GOAL OF THE EXERCISE:
Below are records; reproduce exactly the lines from the one that has "then on_estimate_kept (keep_estimate" through the one that has "then (if c.linking_state == got_shared_key", ends included, and nothing more.

SUPPLIED DATA:
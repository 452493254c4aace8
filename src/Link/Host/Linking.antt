-- ===== src/Link/Host/Linking.antt =====
-- The host of src/Services/Link/LoLaLinkHostService.h in the states Linking and Linked: OnLinking,
-- OnInfoSync, OnClockSync, OnKeepingLink, and the packets and acknowledgements that it takes there.
use lo_la.Prelude.{ℕ, ◌/◌, Bool, true, false, not, ◌&&◌, ◌||◌, if◌then◌else◌, ltb, leb, ◌==◌, sub32}
use lo_la.Packet.Definition.{header_short_with_ack}
use lo_la.Driver.Clock.{get_sync_micros_of}
use lo_la.Services.Task.{run_asap, run_delayed}
use lo_la.Services.Send.{schedule}
use lo_la.Link.Latency.{get_sample_count, get_average_latency}
use lo_la.Link.Latency
use lo_la.Link.Transaction.{set_response, reset_response}
use lo_la.Link.ClockSync.Host.{is_synced, on_estimation_received}
use lo_la.Link.Info.{
  awaiting_link, linked, is_linked, has_partner_rssi, set_rtt, get_rtt, set_partner_rssi_normalized,
  stamp_clock_sync_adjustment,
}
use lo_la.Link.Service.{
  Platform, Moment, LinkClient, on_client, check_again, idle_period, send_prepared, send_after,
  get_elapsed_millis_since_last_sent, is_awaiting_link, is_linking,
}
use lo_la.Link.Service.Builders.{
  ntp_reply, ntp_tune_reply, prepare_ping, prepare_info_sync_request, prepare_host_info_sync,
  prepare_word_packet, prepare_link_protocol_switch_over,
}
use lo_la.Link.Service.Session.{set_linking_state, on_syncer}
use lo_la.Link.Service.Runtime.{rssi_of}
use lo_la.Link.Host.{
  HostPart, Host, got_shared_key, linking_switch_over, info_sync_stage, clock_sync_stage,
  link_protocol_switch_over, linking_done, awaiting_latency_measurement, sending_info_request,
  sending_host_info, on_part, update_host_state,
}
use lo_la.Link.Host.Awaiting.{resend_period}

-- LOLA_LINK_SERVICE_UNLINK_MIN_LATENCY_SAMPLES, LOLA_LINK_SERVICE_UNLINK_PING_RESEND_PERIOD_MAX.
abbrev pub min_latency_samples : ℕ
min_latency_samples = 2

abbrev pub ping_resend_period_max : ℕ
ping_resend_period_max = 10 / 4

module _ {B S : Type 0} (p : Platform B S) (m : Moment) where
  abbrev pub has_samples : Host B S → Bool
  has_samples s = leb min_latency_samples (get_sample_count p.rssi_ring s.client.part.latency)

  -- SetRTT of the average, and the next stage.
  unfoldable pub take_latency : Host B S → Host B S
  unfolding set_rtt
  take_latency s = schedule run_asap (
      on_client
        (λ c.
          let (info, driver) =
            set_rtt (get_average_latency p.rssi_ring c.part.latency) c.info c.node.driver in
          record c {
            info = info;
            node = record (c.node) { driver = driver };
            info_sync_stage = sending_info_request;
          })
        s)

  unfoldable pub measure_latency : Host B S → Host B S
  measure_latency s =
      if has_samples s
      then take_latency s
      else if s.client.part.ping_acked
          || ltb ping_resend_period_max (get_elapsed_millis_since_last_sent m.millis s.client)
      then send_prepared m.millis (prepare_ping (m.random 0 255))
          (on_part (λ h. record h { ping_acked = false }) s)
      else check_again s

  unfoldable pub request_info : Host B S → Host B S
  unfolding has_partner_rssi
  request_info s =
      if has_partner_rssi p.rssi_ring s.client.info
      then schedule run_asap (on_client (λ c. record c { info_sync_stage = sending_host_info }) s)
      else send_after m.millis resend_period prepare_info_sync_request s

  unfoldable pub send_host_info : Host B S → Host B S
  unfolding get_rtt
  send_host_info s =
      send_after m.millis resend_period
        (prepare_host_info_sync (rssi_of p m s.client) (get_rtt s.client.info)) s

  unfoldable pub on_info_sync : Host B S → Host B S
  on_info_sync s =
      let stage = s.client.info_sync_stage in
      if stage == awaiting_latency_measurement
      then measure_latency s
      else if stage == sending_info_request
      then request_info s
      else if stage == sending_host_info
      then send_host_info s
      else s

  -- The response of the waiting result, under one of the two sub-headers.
  unfoldable pub answer_clock_sync : (sub_header : ℕ) → Host B S → Host B S
  answer_clock_sync sub_header s =
      let response = s.client.part.response in
      send_prepared m.millis
        (prepare_word_packet response.response_id sub_header response.response_result)
        (on_part (λ h. record h { response = reset_response response }) s)

  unfoldable pub on_clock_sync : Host B S → Host B S
  on_clock_sync s =
      let error = s.client.part.response.response_result in
      if s.client.part.response.response_ready
      then answer_clock_sync ntp_reply
          (on_client (on_syncer (λ x. (on_estimation_received error x).0)) s)
      else check_again s

  unfoldable pub on_linking : Host B S → Host B S
  unfolding is_synced
  on_linking s =
      let stage = s.client.linking_state in
      if stage == info_sync_stage
      then on_info_sync s
      else if stage == clock_sync_stage
      then (if is_synced s.client.syncer
          then set_linking_state link_protocol_switch_over s
          else on_clock_sync s)
      else if stage == link_protocol_switch_over
      then send_after m.millis resend_period
          (prepare_link_protocol_switch_over s.client.info.session_id s.client.info.partner_id) s
      else if stage == linking_done
      then update_host_state p m linked s
      else update_host_state p m awaiting_link s

  unfoldable pub on_remote_info_sync_received : (rssi : ℕ) → Host B S → Host B S
  unfolding set_partner_rssi_normalized
  on_remote_info_sync_received rssi s =
      if is_linking s.client.info.link_state && s.client.linking_state == info_sync_stage
      then schedule run_asap (
          on_client (λ c. record c { info = set_partner_rssi_normalized p.rssi_ring rssi c.info })
            s)
      else s

  -- The error of the remote's estimate, at the time that the driver received it.
  abbrev pub estimation_error : ℕ → Host B S → ℕ
  estimation_error estimated_micros s =
      let d = s.client.node.driver in
      sub32 (get_sync_micros_of d.last_valid_received.micros d.clock) estimated_micros

  unfoldable pub keep_estimate : (request_id estimated_micros : ℕ) → Host B S → Host B S
  unfolding set_response
  keep_estimate request_id estimated_micros s =
      let error = estimation_error estimated_micros s in
      on_part (λ h. record h { response = set_response request_id error h.response }) s

  unfoldable pub on_estimate_kept : Host B S → Host B S
  unfolding has_partner_rssi
  on_estimate_kept s =
      if s.client.linking_state == info_sync_stage
      then (if has_samples s && has_partner_rssi p.rssi_ring s.client.info
          then set_linking_state clock_sync_stage s
          else s)
      else if s.client.linking_state == clock_sync_stage
      then schedule run_asap s
      else on_part (λ h. record h { response = reset_response h.response }) s

  unfoldable pub on_clock_sync_request_received :
      (request_id estimated_micros : ℕ) → Host B S → Host B S
  unfolding on_estimate_kept
  on_clock_sync_request_received request_id estimated_micros s =
      if is_linking s.client.info.link_state
      then on_estimate_kept (keep_estimate request_id estimated_micros s)
      else s

  unfoldable pub on_clock_sync_tune_request_received :
      (request_id estimated_micros : ℕ) → Host B S → Host B S
  on_clock_sync_tune_request_received request_id estimated_micros s =
      if is_linked s.client.info.link_state
      then schedule run_asap (keep_estimate request_id estimated_micros s)
      else s

  -- OnEstimationReceived, with a stamp of the adjustment if it answers false.
  unfoldable pub note_tuning : ℕ → LinkClient B S (HostPart B) → LinkClient B S (HostPart B)
  note_tuning error c =
      let (_, small) = on_estimation_received error c.syncer in
      let noted = on_syncer (λ x. (on_estimation_received error x).0) c in
      if small then noted else record noted { info = stamp_clock_sync_adjustment noted.info }

  unfoldable pub on_keeping_link : Host B S → Host B S
  on_keeping_link s =
      if s.client.part.response.response_ready
      then answer_clock_sync ntp_tune_reply
          (on_client (note_tuning s.client.part.response.response_result) s)
      else schedule (run_delayed idle_period) s

  unfoldable pub on_ping_ack_received : (id : ℕ) → Host B S → Host B S
  on_ping_ack_received id s =
      let (latency, taken) =
        Latency.on_ack_received p.rssi_ring m.micros id s.client.part.latency in
      let noted = on_part (λ h. record h { latency = latency }) s in
      if is_linking s.client.info.link_state && s.client.linking_state == info_sync_stage
      then (if taken
          then schedule run_asap (on_part (λ h. record h { ping_acked = true }) noted)
          else noted)
      else s

module _ {B S : Type 0} where
  unfoldable pub on_link_ack_received : (header id : ℕ) → Host B S → Host B S
  on_link_ack_received header id s =
      let c = s.client in
      if not (header == header_short_with_ack)
      then s
      else if is_awaiting_link c.info.link_state
      then (if c.linking_state == got_shared_key && c.info.session_id == id
          then set_linking_state linking_switch_over s
          else s)
      else if is_linking c.info.link_state
      then (if c.linking_state == link_protocol_switch_over && c.info.session_id == id
          then set_linking_state linking_done s
          else s)
      else s
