-- ===== src/Lib.antt =====
-- The skill registry of this repository: a multi-tenant service in which organizations draft,
-- version, activate and disable "skills", and approve the tools that a skill's version may use. The
-- program is `app/`, a FastAPI application over SQLAlchemy; its core is `app/routers/skills.py`.
--
-- The parts, and the file of each:
-- Models: the rows of `app/models.py` as records, and the database as its tables, each the list of
--   its rows, the last inserted first.
-- Tenant, Lifecycle, Audit: `app/tenant.py`, `app/lifecycle.py` and `app/audit.py`.
-- Database: the session of `app/database.py`. An `Action` takes a session and returns a result or
--   an error, and the session after it. A session has the tenant (`tenant_context_var`), the stored
--   tables and the working copy that it reads and writes; `commit` stores the working copy, and
--   `get_db` forgets what a request did not commit. Database/Tables: every SELECT passes the criteria
--   of `_apply_tenant_isolation`, and an insert fails on a primary key or a unique constraint that is
--   taken. A flush that changes no column sends no UPDATE, as SQLAlchemy does.
-- Errors: the exceptions that end a request, with their status codes.
-- Patterns: regular expressions as Python's `re` reads them under `re.IGNORECASE`, as far as
--   `app/schemas.py` uses them: `search_in` computes, `Found` says what a match is.
-- Schemas: the payloads of `app/schemas.py`, the inbound ones as they are sent (Bodies) and as they
--   are after validation (Payloads); `sanitize_text` (Texts) and `sanitize_tools` (Sanitize).
-- Dependencies: `get_tenant_context` and `require_owner` of `app/dependencies.py`; Identity is about
--   whom a request acts as, Failures about the errors of the resolution.
-- Tokens, Auth: `app/tokens.py` and `app/routers/auth.py`.
-- Skills: the ten handlers of `app/routers/skills.py` and their helpers. Json writes out what
--   `compute_version_hash` hashes: `json.dumps` with sorted keys and the default escapes.
-- Requests: a request of one of the six routes that write, in a session of its own with the tenant
--   context that `get_tenant_context` resolved; a run is a list of requests of any tenants.
-- Gateway: a request as it arrives, with headers and a body. `receive` resolves the headers, validates
--   the body and runs the handler in one session, in the order in which FastAPI does.
-- Reading: a query of one of the four routes that only read, in a session of its own.
-- RateLimit: the limiter of `app/ratelimit.py`, and its middleware (Middleware).
-- Registry: the specification of the registry as a step relation on the stored tables (Step), its
--   refinement by the handlers (Refines), and what follows from it alone (Evolution, Isolation,
--   Audited, Members). A step is indexed by the request that asks for it. Sound: what the tables keep
--   true of one another; Complete: the runtime payload of such tables; Clean: what they keep of the
--   validation; Fingerprint: what a version hash tells apart, over Json/Unescape, which reads a dump
--   back.
-- Seeding: `seed_fixture_organizations` of `app/main.py`. Configuration: the settings of
--   `app/config.py`, and `lifespan` of `app/main.py`.
-- Migrations: the revisions of `alembic/versions/` as lists of alembic operations on a schema, for
--   SQLite and PostgreSQL (Revisions), the operations (Tables), and the rows that 0003 fills
--   (Backfill). A column that is added stands first.
-- Strings and Prelude: `str.strip`, comparison of texts, and what all the others share.
-- Examples: runs on concrete data.
--
-- Conventions. A text is the list of its code points and a byte string the list of its bytes. The
-- n-th value of `uuid.uuid4`, the n-th reading of the clock, SHA-256, `str.lower` and `str.isalnum`
-- are parameters (`Env`), of which nothing is assumed, but for what a version hash names, which
-- takes that the two snapshots at hand do not collide (`NoCollision`); so are `hmac`, `base64` and the
-- JSON of pydantic (`TokenLibrary`), but for the round trip and the lifetime of a token, which take
-- what `base64` documents at the two byte strings of the token (`Encodes`). Where two ids of `uuid4`
-- agree, the insert fails, as it does in the program. Times are numbers of ticks. `ORDER BY` leaves
-- ties in the order of the table, ascending or descending. Every definition is structurally recursive;
-- only `decimal_within` (Json) counts its rounds, of which n + 1 are enough for the digits of n.
--
-- Not modelled: the requests run one behind another, so that concurrent transactions are not
-- covered; foreign keys and cascades, of which the program deletes nothing; how the settings are
-- read, the wiring of `app/main.py`; `alembic/env.py`. Which bodies are JSON, and the types of their
-- fields, are left to pydantic: a field is absent, `null`, of another type or a value.
pub mod Prelude
pub mod Models
pub mod Tenant
pub mod Lifecycle
pub mod Errors
pub mod Database
pub mod Audit
pub mod Strings
pub mod Patterns
pub mod Tokens
pub mod Dependencies
pub mod Json
pub mod Schemas
pub mod Skills
pub mod Requests
pub mod Gateway
pub mod Reading
pub mod Registry
pub mod RateLimit
pub mod Auth
pub mod Examples
pub mod Seeding
pub mod Configuration
pub mod Migrations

ANSWER TO THIS EXERCISE:
      then on_estimate_kept (keep_estimate request_id estimated_micros s)
      else s

  unfoldable pub on_clock_sync_tune_request_received :
      (request_id estimated_micros : ℕ) → Host B S → Host B S
  on_clock_sync_tune_request_received request_id estimated_micros s =
      if is_linked s.client.info.link_state
      then schedule run_asap (keep_estimate request_id estimated_micros s)
      else s

  -- OnEstimationReceived, with a stamp of the adjustment if it answers false.
  unfoldable pub note_tuning : ℕ → LinkClient B S (HostPart B) → LinkClient B S (HostPart B)
  note_tuning error c =
      let (_, small) = on_estimation_received error c.syncer in
      let noted = on_syncer (λ x. (on_estimation_received error x).0) c in
      if small then noted else record noted { info = stamp_clock_sync_adjustment noted.info }

  unfoldable pub on_keeping_link : Host B S → Host B S
  on_keeping_link s =
      if s.client.part.response.response_ready
      then answer_clock_sync ntp_tune_reply
          (on_client (note_tuning s.client.part.response.response_result) s)
      else schedule (run_delayed idle_period) s

  unfoldable pub on_ping_ack_received : (id : ℕ) → Host B S → Host B S
  on_ping_ack_received id s =
      let (latency, taken) =
        Latency.on_ack_received p.rssi_ring m.micros id s.client.part.latency in
      let noted = on_part (λ h. record h { latency = latency }) s in
      if is_linking s.client.info.link_state && s.client.linking_state == info_sync_stage
      then (if taken
          then schedule run_asap (on_part (λ h. record h { ping_acked = true }) noted)
          else noted)
      else s

module _ {B S : Type 0} where
  unfoldable pub on_link_ack_received : (header id : ℕ) → Host B S → Host B S
  on_link_ack_received header id s =
      let c = s.client in
      if not (header == header_short_with_ack)
      then s
      else if is_awaiting_link c.info.link_state
      then (if c.linking_state == got_shared_key && c.info.session_id == id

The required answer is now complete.